Evidentemente, desde la transición de la década de los 30´s a 60´s la reconfiguración teórico-práctica de cómo identificar un entorno arrabal a nivel general efectuó un notorio cambio geográfico como espacial el cual resignificó el modo de vida sociocultural de las personas que lo residen. Es decir, que a partir del ingreso de la modernización a medias de la industrialización y urbanismo desmedido de no solo el proyecto de Manos a la Obra impuesto por Muñoz Marín, sino de los grandes intereses financieros que se desplazó el hacinamiento, plus segregación social a lo que conocemos como residenciales públicos (caseríos).
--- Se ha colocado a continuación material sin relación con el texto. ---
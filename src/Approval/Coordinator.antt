-- ===== src/Approval/Coordinator.antt =====
-- Requests, decisions and their delivery in src/bridge/approval-coordinator.ts. `now` is what
-- `Date.now()` returns; the part of an `async` method behind the responder's `await` is `on_response`.
use lark_remote.Common.{
  ℕ, ◌+◌, String, str_eq, Text, lit, trim, Bool, true, false, ◌&&◌, ◌||◌, List, [], ◌∷◌, ◌++◌, map,
  any, Option, none, some, or_else, if◌then◌else◌,
}
use lark_remote.RunState.Types.{RequestId}
use lark_remote.RunState.Approvals.{same_request}
use lark_remote.Approval.Types.{
  ApprovalState, ApprovalKind, RequestView, TrackedApproval, ApprovalAction, not_found,
  duplicate_nonce, not_pending, not_available, feedback_missing, Call, respond, view_updated,
  pushed_resolved, pushed_expired, interrupt_turn, Coordinator, Flight, Outcome, is_pending,
  get_tracked, change, refuse, done,
}
use lark_remote.Approval.Questions.{reapply_recorded_answers}

abbrev pub clear_timer : TrackedApproval → TrackedApproval
clear_timer t = record t { timeout_timer = none }

abbrev pub arm_timeout : ℕ → ℕ → TrackedApproval → TrackedApproval
arm_timeout now ms t = record t { timeout_timer = some (now + ms) }

abbrev pub request_again : ℕ → RequestView → ℕ → TrackedApproval → TrackedApproval
request_again now view ms t = arm_timeout now ms (record t {
  state = ApprovalState.pending;
  view = reapply_recorded_answers t view;
  timeout_ms = ms;
})

abbrev pub new_tracked : ℕ → RequestId → ApprovalKind → RequestView → ℕ → TrackedApproval
new_tracked now id kind view ms = record {
  request_id = id;
  kind = kind;
  state = ApprovalState.pending;
  view = view;
  created_at = now;
  timeout_timer = some (now + ms);
  timeout_ms = ms;
  answers = [];
  notes = [];
  feedback = none;
}

abbrev pub add_tracked : TrackedApproval → Coordinator → Coordinator
add_tracked t c = record c { approvals = c.approvals ++ t ∷ [] }

unfoldable pub on_requested :
    ℕ → RequestId → ApprovalKind → RequestView → Option ℕ → Coordinator → Coordinator
unfolding reapply_recorded_answers
on_requested now id kind view timeout c =
    let ms = or_else timeout c.approval_timeout_ms in
    elim (get_tracked id c.approvals) [
      | some t ↦ change id (request_again now view ms) c
      | none ↦ add_tracked (new_tracked now id kind view ms) c
    ]

abbrev pub resolve : TrackedApproval → TrackedApproval
resolve t = record t { state = ApprovalState.resolved; timeout_timer = none }

unfoldable pub on_resolved : RequestId → Coordinator → Coordinator
on_resolved id c = change id resolve c

abbrev pub end_pending : TrackedApproval → TrackedApproval
end_pending t =
    if is_pending t.state
    then record t { state = ApprovalState.expired; timeout_timer = none }
    else t

unfoldable pub on_turn_ended : Coordinator → Coordinator
on_turn_ended c = record c { approvals = map end_pending c.approvals }

-- A late view replaces that of a pending request only.
abbrev pub replace_view : RequestView → TrackedApproval → TrackedApproval
replace_view view t = if is_pending t.state then record t { view = view } else t

unfoldable pub update_view : RequestId → RequestView → Coordinator → Coordinator
update_view id view c = change id (replace_view view) c

abbrev pub is_used : RequestId → String → RequestId × String → Bool
is_used id nonce (i, n) = same_request i id && str_eq n nonce

-- Whether `assertFreshNonce` throws.
abbrev pub is_stale : RequestId → Option String → Coordinator → Bool
is_stale id none c = false
is_stale id (some nonce) c = any (is_used id nonce) c.submitted_nonces

-- `Set.add` for the request.
abbrev pub consume_nonce : RequestId → Option String → Coordinator → Coordinator
consume_nonce id none c = c
consume_nonce id (some nonce) c =
    if any (is_used id nonce) c.submitted_nonces
    then c
    else record c { submitted_nonces = c.submitted_nonces ++ (id, nonce) ∷ [] }

unfoldable pub action_to_decision : ApprovalAction → String
action_to_decision ApprovalAction.accept = "accept"
action_to_decision ApprovalAction.accept_for_session = "acceptForSession"
action_to_decision ApprovalAction.accept_with_execpolicy_amendment = "acceptWithExecpolicyAmendment"
action_to_decision ApprovalAction.accept_all = "acceptAll"
action_to_decision (ApprovalAction.answer answers notes) = "answer"
action_to_decision (ApprovalAction.decline_with_feedback message) = "declineWithFeedback"
action_to_decision (ApprovalAction.accept_with_feedback plan) = "acceptWithFeedback"
action_to_decision ApprovalAction.decline = "decline"
action_to_decision ApprovalAction.cancel = "cancel"

-- Declining and cancelling are allowed whatever the server lists.
unfoldable pub is_allowed : ApprovalAction → RequestView → Bool
unfolding action_to_decision
is_allowed action view =
    let decision = action_to_decision action in
    any (λ d. str_eq d decision) view.available_decisions
    || (str_eq decision "decline" || str_eq decision "cancel")

-- The text of a feedback: what the action brings, else what was written before; `none` if both are
-- blank.
unfoldable pub feedback_text : Text → Option Text → Option Text
unfolding trim
feedback_text explicit recorded = elim (trim explicit) as (λ _. Option Text) [
  | c ∷ cs ↦ some (c ∷ cs)
  | [] ↦ elim (trim (or_else recorded [])) as (λ _. Option Text) [
    | [] ↦ none
    | c ∷ cs ↦ some (c ∷ cs)
  ]
]

-- The plan with the user's remarks, or the remarks alone. A line break is code unit 10.
unfoldable pub amended_plan : Option Text → Text → Text
unfolding trim
amended_plan plan text = elim (trim (or_else plan [])) as (λ _. Text) [
  | [] ↦ lit "# 用户修改意见" ++ (10 ∷ 10 ∷ text)
  | c ∷ cs ↦ (c ∷ cs) ++ (10 ∷ 10 ∷ (lit "## 用户修改意见" ++ 10 ∷ text))
]

-- The action that is sent, or `none` when feedback is missing.
unfoldable pub effective_action : ApprovalAction → TrackedApproval → Option ApprovalAction
unfolding feedback_text amended_plan
effective_action (ApprovalAction.decline_with_feedback message) t =
    elim (feedback_text message t.feedback) [
      | none ↦ none
      | some text ↦ some (ApprovalAction.decline_with_feedback text)
    ]
effective_action (ApprovalAction.accept_with_feedback plan) t =
    elim (feedback_text plan t.feedback) [
      | none ↦ none
      | some text ↦ some (ApprovalAction.accept_with_feedback (amended_plan t.view.plan text))
    ]
effective_action action t = some action

abbrev pub begin_submit : TrackedApproval → TrackedApproval
begin_submit t = record t {
  state = ApprovalState.submitting;
  timeout_timer = none;
  view = record t.view { delivery_error = none };
}

-- The action goes to the responder.
abbrev pub send : RequestId → Option String → ApprovalAction → Coordinator → Outcome
send id nonce action c = record {
  next = change id begin_submit c;
  calls = respond id action ∷ [];
  flight = some (record { request_id = id; action = action; nonce = nonce; expiry = false });
  refused = none;
}

unfoldable pub submit : ApprovalAction → RequestId → Option String → Coordinator → Outcome
unfolding is_allowed effective_action
submit action id nonce c = elim (get_tracked id c.approvals) [
  | none ↦ refuse not_found c
  | some t ↦
      if is_stale id nonce c
      then refuse duplicate_nonce c
      else if is_pending t.state
      then if is_allowed action t.view
        then elim (effective_action action t) [
          | none ↦ refuse feedback_missing c
          | some sent ↦ send id nonce sent c
        ]
        else refuse not_available c
      else refuse not_pending c
]

abbrev pub is_cancel : ApprovalAction → Bool
is_cancel ApprovalAction.cancel = true
is_cancel _ = false

abbrev pub fail_submission : ℕ → Text → TrackedApproval → TrackedApproval
fail_submission now message t = arm_timeout now t.timeout_ms (record t {
  state = ApprovalState.pending;
  view = record t.view { delivery_error = some message };
})

abbrev pub set_state : ApprovalState → TrackedApproval → TrackedApproval
set_state s t = record t { state = s }

-- The responder has answered: `none`, or the message of its error.
unfoldable pub on_response : ℕ → Flight → Option Text → Coordinator → Outcome
on_response now f none c =
    if f.expiry
    then done [] c
    else let c' = change f.request_id (set_state ApprovalState.resolved) c in
      done (pushed_resolved f.request_id ∷ []) (
        consume_nonce f.request_id f.nonce
          (record c' { user_cancelled = c.user_cancelled || is_cancel f.action }))
on_response now f (some message) c =
    if f.expiry
    then done (interrupt_turn ∷ []) (change f.request_id (set_state ApprovalState.failed) c)
    else let c' = change f.request_id (fail_submission now message) c in
      done
        (elim (get_tracked f.request_id c'.approvals) as (λ _. List Call) [
          | none ↦ []
          | some t ↦ view_updated f.request_id t.view ∷ []
        ])
        c'

abbrev pub expire : TrackedApproval → TrackedApproval
expire t = record t { state = ApprovalState.expired; timeout_timer = none }

-- `expireApproval`, when the timer of the request fires.
unfoldable pub expire_approval : RequestId → Coordinator → Outcome
expire_approval id c = elim (get_tracked id c.approvals) [
  | none ↦ done [] c
  | some t ↦
      if is_pending t.state
      then record {
        next = change id expire c;
        calls = respond id ApprovalAction.cancel ∷ pushed_expired id ∷ [];
        flight = some (record {
          request_id = id;
          action = ApprovalAction.cancel;
          nonce = none;
          expiry = true;
        });
        refused = none;
      }
      else done [] (change id clear_timer c)
]

abbrev pub count_pending : List TrackedApproval → ℕ
count_pending [] = 0
count_pending (t ∷ ts) = (if is_pending t.state then 1 else 0) + count_pending ts

unfoldable pub pending_count : Coordinator → ℕ
pending_count c = count_pending c.approvals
En efecto, si analizamos la psicología social de ese desplazamiento del barrio, barriada y/o arrabal en la percepción de los habitantes de estos ámbitos hacia el caserío podría ser traducido como un acto de violencia directa del Estado. Por tal motivo, es que, aunque se intente haber combatido con el degenerativo y sutil concepto de los residenciales públicos, actualmente este sigue más vivo que nunca. Los mejores representantes de esta interminable lucha entre lo tolerable versus intolerable se ejemplifican en los conurbados cagüeños (conjunto de diversos núcleos urbanos o urbanizaciones uniéndose) de la Barriada Morales, El Campito, y Bunker.
Cabe mencionar, que esta acentuada problemática ocurre por igual entre Savarona con El Verde, Machín y pudiese decirse que hasta Notre Dame la cual aún presenta estar invisibilizada su “tolerancia”. Todo parece indicar, que este tenso conflicto entre ambos espacios conurbados se da por el peso de la condición histórico-cultural que guardan cada uno de estos barrios. Es en ese sentido, que por más que cambien los conceptos arquitectónicos del fenómeno urbano, la noción, percepción y reactualización de lo que entendemos por arrabal, en términos prácticos no ha sido alterada del todo. Si vamos al esencialismo de su definición, hallamos que a nivel macrosocial estos espacios hoy solamente reinventaron sus estructuras, pero no los intercambios socioculturales.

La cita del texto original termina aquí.